How do you stream raytraced frames in real-time from edge servers to lightweight devices?
How do you manage orchestration across containerized GPU instances federated across a telco mesh?

I worked on all of that. We built real-time inference stacks for volumetric video using Magnum IO, offloaded lighting calculations for AR experiences to mobile edge compute clusters, and designed a custom hybrid renderer to decouple graphics pipelines from mobile thermal constraints. We weren’t theorizing—this was R&D with production constraints. We were streaming volumetric 3D experiences live at the Super Bowl using NVIDIA RTX cards and AWS Wavelength zones.

Finding My Niche: Distributed AI Compute

By 2019, I’d gone from DevOps Engineer to Architect of the “GPU Edge” stack. I was leading technical implementation on some of the first commercially viable XR/AI platforms in the U.S., architecting a GPU orchestration system capable of:

Volumetric video compression across edge nodes
Real-time spatial audio occlusion using edge DSPs
GPU slicing and federation across Kubernetes-managed clusters
XR rendering APIs embedded directly into Unreal Engine

I led efforts that influenced how the industry came to think about “edge-native” apps—not just offloading to the cloud, but pushing compute into the network.
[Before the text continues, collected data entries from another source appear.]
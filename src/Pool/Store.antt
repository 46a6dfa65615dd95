-- ===== src/Pool/Store.antt =====
-- The memory after an allocating function of pool.rs.
use shared_arena.Memory.Supply.{Supply}
use mathlib.Core.Path.{subst₂}
use shared_arena.Base.{
  ℕ, ◌<◌, ◌≡◌, sym, ap, ◌∙◌, ◌⊎◌, inl, inr, true, false, not, ◌&&◌, some, List, [], ◌++◌, arith,
  has, Bool-cases, ◌+◌, min, max, length,
}
use shared_arena.Word.{test_bit, block_per_page}
use shared_arena.Block.{Block}
use shared_arena.Memory.{Memory, BlockPtr}
use shared_arena.Page.Pool.{PagePool}
use shared_arena.Pool.{Pool}
use shared_arena.Pool.Valid.{IsValid, BlockOk, Filled}
use shared_arena.Pool.Place.{is_at, is_at_eq, Placed}
use shared_arena.Pool.Write.{
  block_at, block_at-wrote, wrote, blocks-wrote, bitfield-wrote, wrote-IsValid,
}

-- The value is in the block `b`, which was not in use; one pointer counts it; every other block that
-- was in use has its value and its counter, and is in use.
pub record Stored {T : Type 0} (m : Memory (PagePool T)) (all : List ℕ) (value : T) (pool' : Pool)
    (b : BlockPtr) (m' : Memory (PagePool T)) : Type 0 where
  pub news : List ℕ
  pub free : List ℕ
  pub valid : IsValid m' pool' (news ++ all) free
  pub filled : Filled m' (news ++ all)
  pub member : has b.page (news ++ all) ≡ true
  pub below : b.index < block_per_page
  pub holds : (block_at m' b).value ≡ some value
  pub counts : (block_at m' b).counter ≡ 1
  pub taken : test_bit (m'.page b.page).bitfield b.index ≡ false
  pub was_free : has b.page all ≡ true → test_bit (m.page b.page).bitfield b.index ≡ true
  pub old_blocks :
      (p i : ℕ)
      → has p all ≡ true
      → is_at b p i ≡ false
      → (m'.page p).blocks i ≡ (m.page p).blocks i
  pub old_bits :
      (p j : ℕ)
      → has p all ≡ true
      → test_bit (m'.page p).bitfield j ≡ (test_bit (m.page p).bitfield j && not (is_at b p j))
  pub new_bits :
      (p i : ℕ)
      → has p news ≡ true
      → i < block_per_page
      → test_bit (m'.page p).bitfield i ≡ not (is_at b p i)
  pub unused : (p : ℕ) → has p news ≡ true → m.live p ≡ false
  pub growth : (news ≡ []) ⊎ (length news ≡ min (max (length all) 1) 900_000)
  pub rest : (k : ℕ) → Supply (length news + k) m.supply m.live → Supply k m'.supply m'.live
  pub needed :
      (news ≡ [])
      ⊎ ((p i : ℕ) → has p all ≡ true → i < block_per_page → test_bit (m.page p).bitfield i ≡ false)

-- The memory after the block that `find_place` gave was written twice.
module _ {T : Type 0} {m m₁ : Memory (PagePool T)} {all : List ℕ} {pool' : Pool} {b : BlockPtr}
    (value : T) (p : Placed m all pool' b m₁) (k₁ k₂ : Block T)
    (tag₁ : k₁.page ≡ (block_at m₁ b).page) (tag₂ : k₂.page ≡ k₁.page) (counts : k₂.counter ≡ 1)
    (holds : k₂.value ≡ some value) where
  abbrev stored : Memory (PagePool T)
  stored = wrote (wrote m₁ b k₁) b k₂

  block_at-stored : block_at stored b ≡ k₂
  block_at-stored = block_at-wrote (wrote m₁ b k₁) b k₂

  stored_bits : (q : ℕ) → (stored.page q).bitfield ≡ (m₁.page q).bitfield
  stored_bits q = bitfield-wrote (wrote m₁ b k₁) b k₂ q ∙ bitfield-wrote m₁ b k₁ q

  stored_other : (q i : ℕ) → is_at b q i ≡ false → (stored.page q).blocks i ≡ (m₁.page q).blocks i
  stored_other q i ne =
      let outer : (stored.page q).blocks i ≡ ((wrote m₁ b k₁).page q).blocks i =
        blocks-wrote (wrote m₁ b k₁) b k₂ q i ∙ rw ne in
      outer ∙ blocks-wrote m₁ b k₁ q i ∙ rw ne

  BlockOk-stored : BlockOk (test_bit (stored.page b.page).bitfield b.index) (block_at stored b)
  BlockOk-stored =
      rw (stored_bits b.page, p.taken, block_at-stored) (λ e. absurd (omega arith), λ e. cc)

  Filled-stored : Filled stored (p.news ++ all)
  Filled-stored q i h lt = elim (Bool-cases (is_at b q i)) [
    | inl at ↦
        let (e, e') = is_at_eq b q i at in
        subst₂ (λ r j. BlockOk (test_bit (stored.page r).bitfield j) ((stored.page r).blocks j))
          (sym e) (sym e') BlockOk-stored
    | inr ne ↦ rw (stored_bits q, stored_other q i ne) (p.others q i h lt ne)
  ]

  pub Stored-stored : Stored m all value pool' b stored
  Stored-stored = record {
    news = p.news;
    free = p.free;
    valid =
        wrote-IsValid b k₂ (wrote-IsValid b k₁ p.valid tag₁)
          (tag₂ ∙ sym (ap (λ k. k.page) (block_at-wrote m₁ b k₁)));
    filled = Filled-stored;
    member = p.member;
    below = p.below;
    holds = ap (λ k. k.value) block_at-stored ∙ holds;
    counts = ap (λ k. k.counter) block_at-stored ∙ counts;
    taken = rw (bitfield-wrote (wrote m₁ b k₁) b k₂ b.page, bitfield-wrote m₁ b k₁ b.page) p.taken;
    was_free = p.was_free;
    old_blocks = λ q i h ne. stored_other q i ne ∙ ap (λ f. f i) (p.old_blocks q h);
    old_bits = λ q j h. ground (arith, p.old_bits q j h);
    new_bits = λ q i h lt. ap (λ w. test_bit w i) (stored_bits q) ∙ p.new_bits q i h lt;
    unused = p.unused;
    growth = p.growth;
    rest = p.rest;
    needed = p.needed;
  }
We weren't optimizing for benchmarks. We were optimizing for reality: battery limits, thermal constraints, jitter, real-time motion alignment, urban handoffs, fog computing. I called it “intelligent edge realism.”
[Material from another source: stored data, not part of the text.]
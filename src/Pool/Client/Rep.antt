-- ===== src/Pool/Client/Rep.antt =====
-- What holds of a pool and its client between two calls (pool.rs, arena_rc.rs), and what keeps it.
use mathlib.Core.Path.{subst}
use shared_arena.Base.{
  true, ℕ, ◌≡◌, ◌≢◌, refl, sym, ap, ◌∙◌, ◌⊎◌, inl, inr, false, Option, List, ◌∷◌, ◌++◌, arith, ◌==◌,
  Bool-cases, ==_refl, ==_iff,
}
use shared_arena.Word.{all_ones, test_bit}
use shared_arena.Memory.{Memory, BlockPtr}
use shared_arena.Memory.Chain.{has-append}
use shared_arena.Page.Pool.{PagePool}
use shared_arena.Pool.{Pool}
use shared_arena.Pool.Client.Held.{occurs, Holds, Holds-frame}
use shared_arena.Pool.Counting.{InUse}
use shared_arena.Pool.Place.{is_at, is_at_eq}
use shared_arena.Memory.Select.{retain, has-retain}
use shared_arena.Word.Ext.{test_bit-all_ones}
use shared_arena.Pool.Shrink.{Shrunk}
use shared_arena.Pool.Unlink.{is_used}
use shared_arena.Pool.Store.{Stored}
use shared_arena.Pool.Valid.{IsValid, Filled}
use shared_arena.Pool.Write.{block_at}

abbrev pub value_at : {T : Type 0} → Memory (PagePool T) → BlockPtr → Option T
value_at m b = (block_at m b).value

abbrev block_ptr : (p i : ℕ) → BlockPtr
block_ptr p i = record { page = p; index = i }

pub same_or_other : (b c : BlockPtr) → (c ≡ b) ⊎ (is_at b c.page c.index ≡ false)
same_or_other b c = elim (Bool-cases (is_at b c.page c.index)) [
  | inl at ↦
      let (e, e') = is_at_eq b c.page c.index at in
      inl (ap (λ p. block_ptr p c.index) e ∙ ap (block_ptr b.page) e')
  | inr e ↦ inr e
]

-- The client holds the pointers `held`, which stand for the values `vs`.
pub record Rep {T : Type 0} (m : Memory (PagePool T)) (pool : Pool) (all free : List ℕ)
    (held : List BlockPtr) (vs : List T) : Type 0 where
  pub valid : IsValid m pool all free
  pub filled : Filled m all
  pub in_use : (b : BlockPtr) → occurs held b.page b.index ≢ 0 → InUse m all b
  pub counts :
      (b : BlockPtr)
      → occurs held b.page b.index ≢ 0
      → (block_at m b).counter ≡ occurs held b.page b.index
  pub values : Holds (value_at m) held vs

module _ {T : Type 0} where
  module _ {m m' : Memory (PagePool T)} {pool pool' : Pool} {all free : List ℕ}
      {held : List BlockPtr} {vs : List T} (r : Rep m pool all free held vs) {value : T}
      {b : BlockPtr} (s : Stored m all value pool' b m') where
    -- A pointer that was held leads elsewhere.
    elsewhere : (c : BlockPtr) → occurs held c.page c.index ≢ 0 → is_at b c.page c.index ≡ false
    elsewhere c ne = elim (Bool-cases (is_at b c.page c.index)) [
      | inr e ↦ e
      | inl at ↦
          let u = r.in_use c ne in
          let (e, e') = is_at_eq b c.page c.index at in
          let set = s.was_free (cc (u.member, e)) in absurd (cc (u.taken, set, e, e'))
    ]

    same_block : (c : BlockPtr) → occurs held c.page c.index ≢ 0 → block_at m' c ≡ block_at m c
    same_block c ne = s.old_blocks c.page c.index (r.in_use c ne).member (elsewhere c ne)

    old_in_use : (c : BlockPtr) → occurs held c.page c.index ≢ 0 → InUse m' (s.news ++ all) c
    old_in_use c ne =
        let u = r.in_use c ne in
        record {
          member = ground (arith, has-append c.page s.news all, u.member);
          below = u.below;
          taken = s.old_bits c.page c.index u.member ∙ rw (u.taken) refl;
        }

    new_in_use : InUse m' (s.news ++ all) b
    new_in_use = record { member = s.member; below = s.below; taken = s.taken }

    none_before : occurs held b.page b.index ≡ 0
    none_before = elim (Bool-cases (occurs held b.page b.index == 0)) [
      | inl e ↦ ground arith
      | inr e ↦
          let away = elsewhere b (λ z. absurd (ground arith)) in
          absurd (ground (arith, ==_refl b.page, ==_refl b.index))
    ]

    added :
        (c : BlockPtr)
        → is_at b c.page c.index ≡ false
        → occurs (b ∷ held) c.page c.index ≢ 0
        → occurs held c.page c.index ≢ 0
    added c e ne z = ne (rw e (omega (arith, z)))

    pub Rep-alloc : Rep m' pool' (s.news ++ all) s.free (b ∷ held) (value ∷ vs)
    Rep-alloc = record {
      valid = s.valid;
      filled = s.filled;
      in_use = λ c ne. elim (same_or_other b c) [
        | inl e ↦ subst (λ c. InUse m' (s.news ++ all) c) (sym e) new_in_use
        | inr e ↦ old_in_use c (added c e ne)
      ];
      counts = λ c ne. elim (same_or_other b c) [
        | inl e ↦
            subst (λ c. (block_at m' c).counter ≡ occurs (b ∷ held) c.page c.index) (sym e)
              (s.counts ∙ rw (==_refl b.page, ==_refl b.index, none_before) refl)
        | inr e ↦
            let old = added c e ne in
            ap (λ k. k.counter) (same_block c old) ∙ r.counts c old ∙ rw e (omega arith)
      ];
      values = (
        s.holds,
        Holds-frame (value_at m) (value_at m') held vs (λ c ne. ap (λ k. k.value) (same_block c ne))
            r.values,
      );
    }

  -- The blocks that are held are on pages that a shrinking pool keeps.
  module _ {m m' : Memory (PagePool T)} {pool pool' : Pool} {all free : List ℕ}
      {held : List BlockPtr} {vs : List T} (r : Rep m pool all free held vs)
      (s : Shrunk m all free pool' m') where
    page_used : (c : BlockPtr) → InUse m all c → is_used m c.page ≡ true
    page_used c u = elim (Bool-cases ((m.page c.page).bitfield == all_ones)) [
      | inr e ↦ rw e refl
      | inl e ↦
          let ones = (==_iff (m.page c.page).bitfield all_ones).0 e in
          absurd (
            cc (
              u.taken,
              ap (λ w. test_bit w c.index) ones,
              test_bit-all_ones c.index (omega (arith, u.below)),
            ))
    ]

    pub Rep-shrunk : Rep m' pool' (retain (is_used m) all) (retain (is_used m) free) held vs
    Rep-shrunk = record {
      valid = s.valid;
      filled = s.filled;
      in_use = λ c ne.
          let u = r.in_use c ne in
          let on = page_used c u in
          record {
            member = has-retain (is_used m) all c.page ∙ rw (u.member, on) refl;
            below = u.below;
            taken =
                ap (λ w. test_bit w c.index) (s.bitfield c.page (rw (u.member, on) refl)) ∙ u.taken;
          };
      counts = λ c ne. ap (λ f. (f c.index).counter) (s.blocks c.page) ∙ r.counts c ne;
      values =
          Holds-frame (value_at m) (value_at m') held vs
            (λ c ne. ap (λ f. (f c.index).value) (s.blocks c.page)) r.values;
    }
The AI Inflection Point: When Agents Arrived

By 2020, AI had become the lingua franca. But where others saw large models in datacenters, I saw opportunity at the edge. Why should all inference live in the cloud? Why not make agents context-aware, latency-aware, bandwidth-aware?

We began embedding inference capabilities into the very fabric of our edge stack:

Spatially-aware render pipelines with real-time computer vision on edge GPUs
Predictive caching and workload scheduling for AR streaming
Autonomous robotics stacks powered by edge inferencing on Kubernetes

We built real-time feedback loops between cloud and edge using TensorRT, cuDNN, and containerized inference microservices. My team helped build the first multi-layer rendering API stack that could render, infer, and respond across network topology layers.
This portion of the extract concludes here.